> EXERCISE REQUIREMENTS
For each line in the records that contains "filename", make a copy.

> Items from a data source
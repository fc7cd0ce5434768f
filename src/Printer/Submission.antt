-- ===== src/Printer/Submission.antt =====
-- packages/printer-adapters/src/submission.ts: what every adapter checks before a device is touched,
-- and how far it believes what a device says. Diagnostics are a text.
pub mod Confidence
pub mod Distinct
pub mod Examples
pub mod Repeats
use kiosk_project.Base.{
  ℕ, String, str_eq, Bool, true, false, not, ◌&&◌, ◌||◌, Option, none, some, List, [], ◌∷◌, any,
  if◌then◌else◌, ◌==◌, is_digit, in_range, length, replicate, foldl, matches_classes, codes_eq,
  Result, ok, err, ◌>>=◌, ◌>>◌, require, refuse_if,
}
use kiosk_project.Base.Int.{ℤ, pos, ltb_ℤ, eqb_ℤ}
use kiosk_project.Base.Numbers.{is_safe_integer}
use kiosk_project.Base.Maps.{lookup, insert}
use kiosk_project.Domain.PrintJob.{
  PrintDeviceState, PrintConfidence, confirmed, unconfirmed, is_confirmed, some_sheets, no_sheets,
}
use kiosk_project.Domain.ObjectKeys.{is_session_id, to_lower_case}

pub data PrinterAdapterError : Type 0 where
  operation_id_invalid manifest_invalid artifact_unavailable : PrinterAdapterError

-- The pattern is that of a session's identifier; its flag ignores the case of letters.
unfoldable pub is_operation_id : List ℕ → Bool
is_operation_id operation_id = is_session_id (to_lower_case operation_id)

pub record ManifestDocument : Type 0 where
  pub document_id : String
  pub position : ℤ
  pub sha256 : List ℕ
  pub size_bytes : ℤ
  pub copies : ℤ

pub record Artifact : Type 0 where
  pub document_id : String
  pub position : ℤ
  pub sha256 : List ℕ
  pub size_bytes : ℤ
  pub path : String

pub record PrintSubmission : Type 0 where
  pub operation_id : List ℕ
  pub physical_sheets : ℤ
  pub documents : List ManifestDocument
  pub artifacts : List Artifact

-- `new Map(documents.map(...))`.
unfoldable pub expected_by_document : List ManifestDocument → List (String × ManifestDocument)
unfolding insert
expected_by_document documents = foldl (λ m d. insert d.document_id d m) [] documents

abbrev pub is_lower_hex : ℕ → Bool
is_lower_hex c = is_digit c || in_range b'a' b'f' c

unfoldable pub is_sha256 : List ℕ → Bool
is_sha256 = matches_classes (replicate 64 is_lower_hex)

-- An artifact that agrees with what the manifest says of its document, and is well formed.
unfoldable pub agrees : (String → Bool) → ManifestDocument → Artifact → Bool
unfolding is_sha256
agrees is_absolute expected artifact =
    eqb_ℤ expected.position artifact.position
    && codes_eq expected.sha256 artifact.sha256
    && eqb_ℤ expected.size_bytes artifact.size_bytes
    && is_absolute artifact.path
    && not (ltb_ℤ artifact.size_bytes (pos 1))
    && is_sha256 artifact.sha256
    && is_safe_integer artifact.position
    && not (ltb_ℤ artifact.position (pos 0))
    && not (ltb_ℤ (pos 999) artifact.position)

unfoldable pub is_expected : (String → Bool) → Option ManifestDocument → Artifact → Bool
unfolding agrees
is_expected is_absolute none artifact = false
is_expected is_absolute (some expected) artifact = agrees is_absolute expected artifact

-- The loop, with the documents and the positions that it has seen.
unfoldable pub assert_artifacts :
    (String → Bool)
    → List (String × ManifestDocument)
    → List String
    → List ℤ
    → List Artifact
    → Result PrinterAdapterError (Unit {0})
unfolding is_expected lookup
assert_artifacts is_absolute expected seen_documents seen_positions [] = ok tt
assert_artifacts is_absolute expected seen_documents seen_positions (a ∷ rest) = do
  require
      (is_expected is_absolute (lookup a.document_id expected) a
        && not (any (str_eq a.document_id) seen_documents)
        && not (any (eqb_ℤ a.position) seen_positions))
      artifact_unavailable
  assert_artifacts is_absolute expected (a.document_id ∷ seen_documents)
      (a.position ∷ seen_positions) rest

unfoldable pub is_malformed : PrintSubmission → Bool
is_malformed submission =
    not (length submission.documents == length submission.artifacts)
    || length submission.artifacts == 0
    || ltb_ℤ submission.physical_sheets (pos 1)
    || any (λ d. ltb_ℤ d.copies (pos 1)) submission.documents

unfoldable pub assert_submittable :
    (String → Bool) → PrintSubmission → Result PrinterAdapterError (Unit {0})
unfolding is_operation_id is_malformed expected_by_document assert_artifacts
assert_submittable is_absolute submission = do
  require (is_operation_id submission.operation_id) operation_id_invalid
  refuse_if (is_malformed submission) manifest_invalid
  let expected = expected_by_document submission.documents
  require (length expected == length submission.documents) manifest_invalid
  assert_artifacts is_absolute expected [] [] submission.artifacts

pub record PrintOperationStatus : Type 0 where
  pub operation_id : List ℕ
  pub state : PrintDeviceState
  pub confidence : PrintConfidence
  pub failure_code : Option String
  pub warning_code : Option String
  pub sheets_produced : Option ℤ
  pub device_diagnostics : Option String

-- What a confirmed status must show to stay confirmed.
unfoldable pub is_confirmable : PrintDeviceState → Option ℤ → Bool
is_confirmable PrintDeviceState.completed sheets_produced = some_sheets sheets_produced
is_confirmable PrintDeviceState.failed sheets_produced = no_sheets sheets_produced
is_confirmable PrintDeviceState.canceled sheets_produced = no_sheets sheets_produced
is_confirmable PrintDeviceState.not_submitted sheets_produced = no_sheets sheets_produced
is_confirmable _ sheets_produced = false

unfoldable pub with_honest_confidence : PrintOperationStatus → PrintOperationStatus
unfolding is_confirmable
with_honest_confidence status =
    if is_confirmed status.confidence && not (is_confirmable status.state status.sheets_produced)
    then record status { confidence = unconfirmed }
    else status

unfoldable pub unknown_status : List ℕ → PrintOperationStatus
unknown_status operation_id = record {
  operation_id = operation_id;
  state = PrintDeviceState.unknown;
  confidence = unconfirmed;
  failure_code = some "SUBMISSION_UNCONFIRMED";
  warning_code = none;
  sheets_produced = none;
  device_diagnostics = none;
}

* * *

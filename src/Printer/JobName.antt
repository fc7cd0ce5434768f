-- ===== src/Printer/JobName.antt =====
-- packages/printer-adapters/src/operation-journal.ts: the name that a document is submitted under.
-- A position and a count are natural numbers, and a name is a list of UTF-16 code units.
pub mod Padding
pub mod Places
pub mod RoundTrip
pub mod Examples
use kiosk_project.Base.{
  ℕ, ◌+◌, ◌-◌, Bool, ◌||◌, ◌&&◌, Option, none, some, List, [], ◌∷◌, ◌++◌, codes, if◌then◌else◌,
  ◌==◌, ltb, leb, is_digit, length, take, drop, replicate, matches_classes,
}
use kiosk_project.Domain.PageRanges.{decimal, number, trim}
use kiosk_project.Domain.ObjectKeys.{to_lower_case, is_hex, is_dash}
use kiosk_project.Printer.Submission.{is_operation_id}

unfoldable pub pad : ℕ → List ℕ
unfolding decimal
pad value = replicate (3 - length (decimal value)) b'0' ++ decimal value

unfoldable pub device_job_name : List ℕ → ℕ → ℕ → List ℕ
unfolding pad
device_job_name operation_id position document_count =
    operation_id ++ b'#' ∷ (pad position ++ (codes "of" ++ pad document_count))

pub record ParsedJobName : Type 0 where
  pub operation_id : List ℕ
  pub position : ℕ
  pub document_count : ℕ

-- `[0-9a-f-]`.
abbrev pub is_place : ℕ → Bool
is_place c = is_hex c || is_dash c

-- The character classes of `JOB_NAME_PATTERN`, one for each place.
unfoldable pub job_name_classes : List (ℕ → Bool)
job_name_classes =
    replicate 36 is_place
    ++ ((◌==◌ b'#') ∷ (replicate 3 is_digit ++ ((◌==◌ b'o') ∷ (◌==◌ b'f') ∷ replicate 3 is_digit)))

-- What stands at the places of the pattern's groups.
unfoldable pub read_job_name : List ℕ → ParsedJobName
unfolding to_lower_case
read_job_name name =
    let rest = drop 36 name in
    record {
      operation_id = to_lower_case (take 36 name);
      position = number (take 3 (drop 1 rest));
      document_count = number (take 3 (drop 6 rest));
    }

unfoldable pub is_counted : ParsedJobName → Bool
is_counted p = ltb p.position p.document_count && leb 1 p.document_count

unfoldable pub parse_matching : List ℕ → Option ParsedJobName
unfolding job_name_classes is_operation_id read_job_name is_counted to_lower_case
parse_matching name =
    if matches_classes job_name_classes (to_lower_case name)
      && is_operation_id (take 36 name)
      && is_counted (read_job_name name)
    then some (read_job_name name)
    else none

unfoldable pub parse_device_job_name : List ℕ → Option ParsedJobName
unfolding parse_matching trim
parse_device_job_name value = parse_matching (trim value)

> ANSWER TO THE EXERCISE
filename src/Printer/Submission.antt
filename src/Printer/JobName.antt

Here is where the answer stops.